__Exercise goal__. Copy the full listing exactly.
'''
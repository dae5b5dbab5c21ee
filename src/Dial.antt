-- ===== src/Dial.antt =====
-- The TCP dial: connect_dial.go and connect_dial_incremental.go.
pub mod Interleave
pub mod Feed
pub mod Pool
pub mod Incremental
pub mod Addresses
'''
__Solution to the problem__.
repository dae5b5dbab5c21ee
filename src/Dial.antt
-- ===== src/Dial.antt =====
-- The TCP dial: connect_dial.go and connect_dial_incremental.go.
pub mod Interleave
pub mod Feed
pub mod Pool
pub mod Incremental
pub mod Addresses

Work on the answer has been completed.